Crypto: Multi-day Negative Bitcoin Funding Signals ‘overcrowded’ Short...
Bitcoin’s daily funding rate has been deeply negative for days, reflecting heavy short positioning, but historical data also suggests that a squeeze on bears could be brewing.
Bitcoin (BTC) formed a new weekly low at $65,500 on Thursday, and the price has continued to trend lower over the past four days. Derivatives data also indicate that traders are heavily positioned to the downside.
Analysts said that this setup may lead to a sharp move higher that forces sellers to close their positions, even as other indicators hint that the move may not be straightforward.
The seven-day average funding rate for Bitcoin has turned strongly negative for the first time since March 2023 and November 2022.
Bitcoin liquidity and stablecoin flow data show renewed capital outflows, reducing the odds of a sustained squeeze.
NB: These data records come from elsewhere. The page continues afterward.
-- ===== src/File/Tar.antt =====
-- pkg/file/tarutil.go, tar_index.go and tar_index_entry.go: the entries of an archive in order. A reader of
-- archive/tar is the list of what its `Next` returns, up to the end of the archive.
pub mod Untar
use stereoscope.Errors.{Failure, Result, ok, err, Act, stop_iteration, file_not_found}
use stereoscope.File.LazyReader.{LazyReader, new_lazy_bounded_read_closer}
use stereoscope.File.Metadata.{Header, Metadata, new_metadata}
use stereoscope.Go.Maps.{GoMap, get, put}
use stereoscope.Prelude.{
  ℕ, suc, List, [], ◌∷◌, ◌++◌, map, Option, none, some, Bool, true, false, Str, str_eq,
  byte_string_eq, ltb, if◌then◌else◌,
}

-- An entry's header with its size and mode, what its reader gives, what is left in the archive, and the
-- position in the file; or no header; or an error.
pub data TarStep : Type 0 where
  entry : Header → ℕ → ℕ → Str → Str → Result ℕ → TarStep
  no_header : TarStep
  broken : Failure → TarStep

-- `TarFileEntry`
pub record TarFileEntry : Type 0 where
  pub sequence : ℕ
  pub header : Header
  pub size : ℕ
  pub mode : ℕ
  pub contents : Str
  pub remaining : Str
  pub position : Result ℕ

-- `errors.Is(err, ErrTarStopIteration)`
unfoldable pub is_stop : Failure → Bool
is_stop stop_iteration = true
is_stop _ = false

module _ {S : Type 0} where
  -- What a visit's result means for the iteration.
  unfoldable pub visited : Result (Unit {0}) × S → Act S (Unit {0}) → Result (Unit {0}) × S
  visited (ok u, s) next = next s
  visited (err e, s) next = (if is_stop e then ok tt else err e, s)

  -- The loop of `IterateTar`, from a sequence number on.
  unfoldable pub iterate_from :
      (TarFileEntry → Act S (Unit {0})) → ℕ → List TarStep → Act S (Unit {0})
  iterate_from visitor sequence [] s = (ok tt, s)
  iterate_from visitor sequence (no_header ∷ steps) s = iterate_from visitor (suc sequence) steps s
  iterate_from visitor sequence (broken e ∷ steps) s = (err e, s)
  iterate_from visitor sequence (entry header size mode contents remaining position ∷ steps) s =
      visited
        (visitor
          (record {
            sequence = sequence;
            header = header;
            size = size;
            mode = mode;
            contents = contents;
            remaining = remaining;
            position = position;
          })
          s)
        (iterate_from visitor (suc sequence) steps)

  -- `IterateTar`
  unfoldable pub iterate_tar : List TarStep → (TarFileEntry → Act S (Unit {0})) → Act S (Unit {0})
  iterate_tar steps visitor = iterate_from visitor 0 steps

-- What a search of an archive returns.
abbrev pub found_or : {A : Type 0} → Str → Result (Unit {0}) × Option A → Result A
found_or path (err e, a) = err e
found_or path (ok u, none) = err (file_not_found path)
found_or path (ok u, some a) = ok a

unfoldable pub take_reader : Str → TarFileEntry → Act (Option Str) (Unit {0})
take_reader path e s =
    if str_eq e.header.name path then (err stop_iteration, some e.contents) else (ok tt, s)

-- `ReaderFromTar`: what the reader of the entry gives.
unfoldable pub reader_from_tar : List TarStep → Str → Result Str
reader_from_tar steps path = found_or path (iterate_tar steps (take_reader path) none)

-- `mime_type` is `MIMEType`, which asks the package mimetype; there may be no contents.
module _ (mime_type : Option Str → Str) where
  unfoldable pub take_metadata : Str → TarFileEntry → Act (Option Metadata) (Unit {0})
  take_metadata path e s =
      let content = if ltb 0 e.size then some e.remaining else none in
      if str_eq e.header.name path
      then (err stop_iteration, some (new_metadata e.header (mime_type content)))
      else (ok tt, s)

  -- `MetadataFromTar`: the MIME type is that of what is left in the archive.
  unfoldable pub metadata_from_tar : List TarStep → Str → Result Metadata
  metadata_from_tar steps path = found_or path (iterate_tar steps (take_metadata path) none)

-- `TarIndexEntry`
pub record TarIndexEntry : Type 0 where
  pub path : Str
  pub sequence : ℕ
  pub header : Header
  pub size : ℕ
  pub seek_position : ℕ

-- `Open`
unfoldable pub open_entry : TarIndexEntry → LazyReader
open_entry e = new_lazy_bounded_read_closer e.path e.seek_position e.size

abbrev pub TarIndex : Type 0
TarIndex = GoMap Str (List TarIndexEntry)

-- `t.indexByName[name] = append(t.indexByName[name], entry)`
unfoldable pub append_entry : TarIndexEntry → TarIndex → TarIndex
append_entry e t =
    put e.header.name (elim (get e.header.name t) [ none ↦ e ∷ [] | some es ↦ es ++ e ∷ [] ]) t

module _ {S : Type 0} (tar_path : Str) (on_index : TarIndexEntry → Act S (Unit {0})) where
  -- An entry at its position enters the index and is visited.
  unfoldable pub index_at : TarFileEntry → ℕ → Act (TarIndex × S) (Unit {0})
  index_at e position (t, s) =
      let index_entry : TarIndexEntry = record {
        path = tar_path;
        sequence = e.sequence;
        header = e.header;
        size = e.size;
        seek_position = position;
      } in
      let (r, s') = on_index index_entry s in (r, (append_entry index_entry t, s'))

  -- The visitor of `NewTarIndex`.
  unfoldable pub index_visitor : TarFileEntry → Act (TarIndex × S) (Unit {0})
  unfolding index_at
  index_visitor e s = elim e.position [
    | err failure ↦ (err failure, s)
    | ok position ↦ index_at e position s
  ]

  -- `NewTarIndex`, once the file is open
  unfoldable pub new_tar_index : List TarStep → S → Result (Unit {0}) × (TarIndex × S)
  new_tar_index steps s = iterate_tar steps index_visitor ([], s)

-- `EntriesByName`: the entries of a name in the order of the archive.
unfoldable pub entries_by_name : Str → TarIndex → List TarIndexEntry
entries_by_name name t = elim (get name t) [ none ↦ [] | some es ↦ es ]
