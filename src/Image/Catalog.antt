-- ===== src/Image/Catalog.antt =====
-- pkg/image/file_catalog.go: the index of all files of an image, with the layer and the opener of each. A layer
-- is known by its place in the image.
use stereoscope.Errors.{Result, ok, err, not_in_catalog, no_contents}
use stereoscope.File.LazyReader.{LazyReader}
use stereoscope.File.Metadata.{Metadata}
use stereoscope.File.Refs.{Reference}
use stereoscope.File.Tar.{TarIndexEntry, open_entry}
use stereoscope.Go.Maps.{GoMap, get, put}
use stereoscope.Index
use stereoscope.Index.{FileIndex, new_index}
use stereoscope.Prelude.{ℕ, [], Option, none, some, Str, nat_eq}

-- A `file.Opener`: that of an entry of a layer's archive, or of a path of a squashfs.
pub data Opener : Type 0 where
  tar_entry : TarIndexEntry → Opener
  squashfs_path : Str → Opener

-- What an opener returns.
pub data Contents : Type 0 where
  lazy_reader : LazyReader → Contents
  squashfs_file : Str → Contents

-- `FileCatalog`; an opener may be nil.
pub record FileCatalog : Type 0 where
  pub index : FileIndex
  pub layer_by_id : GoMap ℕ ℕ
  pub opener_by_id : GoMap ℕ (Option Opener)

-- `NewFileCatalog`
abbrev pub new_file_catalog : FileCatalog
new_file_catalog = record { index = new_index; layer_by_id = []; opener_by_id = [] }

-- `addImageReferences`
unfoldable pub add_image_references : ℕ → ℕ → Option Opener → FileCatalog → FileCatalog
unfolding put
add_image_references id layer opener c = record c {
  layer_by_id = put id layer c.layer_by_id;
  opener_by_id = put id opener c.opener_by_id;
}

-- `Add`
unfoldable pub add : Reference → Metadata → ℕ → Option Opener → FileCatalog → FileCatalog
unfolding add_image_references Index.add
add f m layer opener c =
    add_image_references f.id layer opener (record c { index = Index.add f m c.index })

-- `Layer`
unfoldable pub layer_of : Reference → FileCatalog → Option ℕ
unfolding get
layer_of f c = get f.id c.layer_by_id

abbrev pub run_opener : Opener → Contents
run_opener (tar_entry e) = lazy_reader (open_entry e)
run_opener (squashfs_path p) = squashfs_file p

-- `Open`
unfoldable pub open_reference : Reference → FileCatalog → Result Contents
unfolding get
open_reference f c = elim (get f.id c.opener_by_id) [
  | none ↦ err (not_in_catalog f.real_path)
  | some none ↦ err (no_contents f.real_path)
  | some (some opener) ↦ ok (run_opener opener)
]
Bitcoin’s daily funding rate has remained in deep red territory since the beginning of February, marking its most negative period since May 2023. The seven-day simple moving average (SMA) has flipped negative for the first time in nearly a year.
The funding rate is a periodic payment between the traders in futures markets. When it is negative, the short sellers pay long traders, signaling that the bearish positions are crowded, and vice versa.
Crypto analyst Leo Ruga said the current “red funding rate for days” signals that the bearish or short trade may be getting overcrowded. Ruga added:
Similarly, market analyst Pelin Ay highlighted that the funding rate recently dropped near -0.02 last Friday, with sharp negative spikes. Ay added that when sharp price declines coincide with negative funding, it can set the stage for a short squeeze, particularly if $58,000 holds as the local support.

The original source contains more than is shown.